Позднее, в ходе расследования, появлялись в порядке очерёдности иные лица из состава всей королевской рати следователей. Здоровенный, свыше двух метров «багатур»-калмык – сын Генерального Прокурора Калмыкии. Здесь в святая святых он гордо трудился уже второй раз, этакая гора мяса. Вначале я принял этого жёлтого за казаха, калмыки для меня должны быть маленькие как Кирсан Илюмжинов. Богатур – гора мяса, очевидно пересказывая взгляды отца, порицал Илюмжинова, намекая на перегибы слишком авторитарного правления (по мнению семьи ГенПрокурора) Илюмжинова. Когда я сказал, что лично знаком с Илюмжиновым, богатур свернул свою критику президента Калмыкии. И занялся моей очной ставкой с подсудимым Карягиным.
Ещё один нацмен – сын татарского народа Ярулин допросил меня также один раз, как и калмык, вторично задав мне вопросы, уже однажды заданные Шишкиным. Я застрял в его жарком кабинете во время обеденного перерыва, – надзиратели, якобы, не могли меня забрать – на целый час. Татарин тупо играл в компьютерную игру на большом казённом цветном компьютере, и все мои крючки, заброшенные от жары и скуки в него, не зацепили его. Я даже сообщил ему, что мама моя татарка и родилась в татарском городе Сергач Нижегородской губернии. Но Ярулин приник к своему компьютеру как к мамке и так и не оторвался от него. Бородатому злодею с букетом страшных статей (222, 205, 208, а ещё одну – захват власти – 278 всё же сняли) не удалась его схема. Я был посрамлён.

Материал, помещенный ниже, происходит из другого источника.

-- ===== src/Payload/Limits.antt =====
-- The limits on a payload under construction in `build_payload` of
-- crates/dogeos-reth-payload/src/builder.rs, and what one executed transaction adds.
pub mod Forced
pub mod Pool
use mathlib.Core.Path.{subst}
use dogeos_reth.Prelude.{
  ℕ, ◌+◌, ◌≤◌, ◌<◌, ◌≡◌, refl, Bool, true, false, Option, none, some, List, [], ◌∷◌, Result, ok,
  err, Result-cases, Bool-cases, Option-cases, ◌⊎◌, inl, inr, arith, All, length, ltb, sat_add64,
  wrap_add64, ap, ◌∙◌, min, u64_max, zero, suc, if◌then◌else◌, ◌||◌, not,
}
use dogeos_reth.CodeWitness.{Meter, begin_transaction, accept_transaction, reject_transaction}
use dogeos_reth.CodeWitness.Inspector.{run_hooks}
use dogeos_reth.CodeWitness.Keeps.{IsSizedHook, run_hooks-keeps}
use dogeos_reth.CodeWitness.Invariant.{IsMetered, reset-IsMetered, accept-IsMetered}
use dogeos_reth.CodeWitness.Budget.{HasSize, inspector, IsMetered-Keeps}
use dogeos_reth.Payload.{
  new_info, ExecutionInfo, TxApi, ScrollBuilderConfig, should_break, record_tx, is_tx_over_limits,
}
use dogeos_reth.Payload.Execute.{
  BlockExecutionError, invalid_tx, fatal, ScrollPayloadBuilderError, Executor, Executed,
  code_witness_commit, execute_with_code_budget, settle, forced_code_budget_result,
}
use dogeos_reth.Payload.Forced.{
  exceeds, WithEncoded, Building, forced_gas_used, after_forced, push_gas, execute_forced,
  run_forced, da_bytes_from, forced_transactions_da_bytes,
}
use dogeos_reth.Payload.Pool.{
  BestTransactions, Signals, PoolEnd, finished, cancelled, out_of_fuel, failed, PoolStep, included,
  dropped, aborted, Round, stop, again, continue, after_step, pool_step, pool_round, pool_loop,
}

-- What is known of reth's executor: a transaction uses at most its gas limit, and the codes that the
-- inspector sees have the sizes of their hashes.
pub record IsExecutor {X B T : Type 0} (size : ℕ → ℕ) (api : TxApi T) (executor : Executor X B T)
    : Type 0 where
  pub gas :
      (b : B) (tx : T) (m : Meter) (gas_used : ℕ) (b' : B)
      → (executor b tx m).outcome ≡ ok (gas_used, b')
      → gas_used ≤ api.gas_limit tx
  pub sized :
      (b : B) (tx : T) (m : Meter) → All (IsSizedHook (HasSize size)) (executor b tx m).hooks

abbrev pub DaWithin : Option ℕ → ℕ → Type 0
DaWithin none bytes = Unit
DaWithin (some limit) bytes = bytes ≤ limit

pub da_intro :
    (da : Option ℕ) (bytes : ℕ)
    → ((limit : ℕ) → da ≡ some limit → bytes ≤ limit)
    → DaWithin da bytes
da_intro none bytes h = tt
da_intro (some limit) bytes h = h limit refl

-- The gas of the block and the bytes for data availability within their limits, and the meter.
pub record IsWithin {B : Type 0} (size : ℕ → ℕ) (config : ScrollBuilderConfig) (block_gas_limit : ℕ)
    (s : Building B) : Type 0 where
  pub gas : s.info.cumulative_gas_used ≤ block_gas_limit
  pub da : DaWithin config.max_da_block_size s.info.cumulative_da_bytes_used
  pub metered : IsMetered size config.max_code_witness_bytes s.meter

module _ {X B T : Type 0} (size : ℕ → ℕ) (api : TxApi T) (executor : Executor X B T)
    (law : IsExecutor size api executor) where
  settle_gas :
      (b : B) (m : Meter) (outcome : Result (BlockExecutionError X) (ℕ × B)) (gas_used : ℕ)
      → (settle executor b m outcome).outcome ≡ ok (some gas_used)
      → (b' : B) × (outcome ≡ ok (gas_used, b'))
  unfolding settle
  settle_gas b m (err e) gas_used h = ground arith
  settle_gas b m (ok (g, b')) gas_used h = elim (Bool-cases (code_witness_commit m)) [
    | inl e ↦ let h' = rw e at h in (b', ground arith)
    | inr e ↦ let h' = rw e at h in ground arith
  ]

  -- The gas that a committed transaction reports is within its gas limit.
  pub executed_gas :
      (b : B) (tx : T) (m : Meter) (gas_used : ℕ)
      → (execute_with_code_budget executor b tx m).outcome ≡ ok (some gas_used)
      → gas_used ≤ api.gas_limit tx
  unfolding execute_with_code_budget
  executed_gas b tx m gas_used h =
      let (b', e) = settle_gas b _ _ gas_used h in law.gas b tx (begin_transaction m) gas_used b' e

  settle-IsMetered :
      (limit : ℕ) (b : B) (m : Meter) (outcome : Result (BlockExecutionError X) (ℕ × B))
      → IsMetered size limit m
      → IsMetered size limit (settle executor b m outcome).meter
  unfolding settle reject_transaction
  settle-IsMetered limit b m (err e) v = reset-IsMetered size limit v
  settle-IsMetered limit b m (ok (g, b')) v = elim (Bool-cases (code_witness_commit m)) [
    | inl e ↦ rw e (accept-IsMetered size limit v)
    | inr e ↦ rw e (reset-IsMetered size limit v)
  ]

  pub executed-IsMetered :
      (limit : ℕ) (b : B) (tx : T) (m : Meter)
      → IsMetered size limit m
      → IsMetered size limit (execute_with_code_budget executor b tx m).meter
  unfolding execute_with_code_budget begin_transaction
  executed-IsMetered limit b tx m v = settle-IsMetered limit b _ _ (
      run_hooks-keeps (HasSize size) (IsMetered size limit) (IsMetered-Keeps size limit)
        (executor b tx (begin_transaction m)).hooks (inspector (begin_transaction m))
        (law.sized b tx (begin_transaction m)) (reset-IsMetered size limit v))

Всего у меня 12 следователей. Был ещё капитан Бобров. Этот в начале допроса расположил меня к себе тем, что оказался (или выдал себя за) моим земляком из Харькова. Размягчив меня, земляк составил под шумок чудовищный протокол. Создание газеты «Лимонка» описывалось в протоколе в следующем стиле: "Затем группа лиц, включающая в себя гражданина Дугина Александра Гельевича, родившегося…, проживающего…, Рабко Тараса Адамовича, родившегося…, проживающего…, и меня, Савенко Эдуарда Вениаминовича, подследственно-обвиняемого по делу № 171, образовала группировку с целью создания организации под названием «Газета прямого действия „Лимонка“ она же граната Ф-1». В присутствии моих адвокатов я сказал Боброву, что так дело не пойдёт. Что философ Дугин, писатель Лимонов, студент-юрист Рабко и музыкант Летов собрались, чтобы создать художественно-политический и культурный рупор, а не организованную преступную группировку. Посему, да будет он любезен придерживаться моего словаря, а не навязывать мне свой, ментовский. Ведь этот протокол станет читать судья?!
Я не совсем понял, почему эти вспомогательные следователи, папины сынки из Калмыкии и Татарстана, оказались замешаны в моё дело, включены ли они были в качестве стажёров, но то что они являются начинающими маньяками, я понял. Вся королевская рать следователей, возглавляемая закоренелыми маньяками по жизни Шишкиным и Барановым стала терпеливо лепить моё дело. А мне пришлось ждать, пока они дело слепят.
ГРОЗЯЩАЯ ВОЗМОЖНОСТЬ СОИТИЯ
Подумал на прогулке сегодня: "Я всегда брал себе женщину – лучшую из возможных, потому что родился с ментальностью средневекового короля, рыцаря-воина, наивно верящего, что всё лучшее принадлежит ему. Когда впоследствии женщины вдруг двигались от меня, побуждаемые всего просто-напросто своей женской природой, я воспринимал это как страшное предательство. Я никак не мог понять, почему лучшее тело, принадлежащее мне по праву таланта и гения (и таким образом силы, ибо талант и гений – могучие силы), может быть отторгнуто от меня, да ещё по воле самой обладательницы тела! Я воспринимал уход женщины как предательство, самое злобное из предательств. О предательстве женщины я написал может быть лучшие свои книги: «Это я, Эдичка!», главу «Предательство женщины» в «Анатомии героя».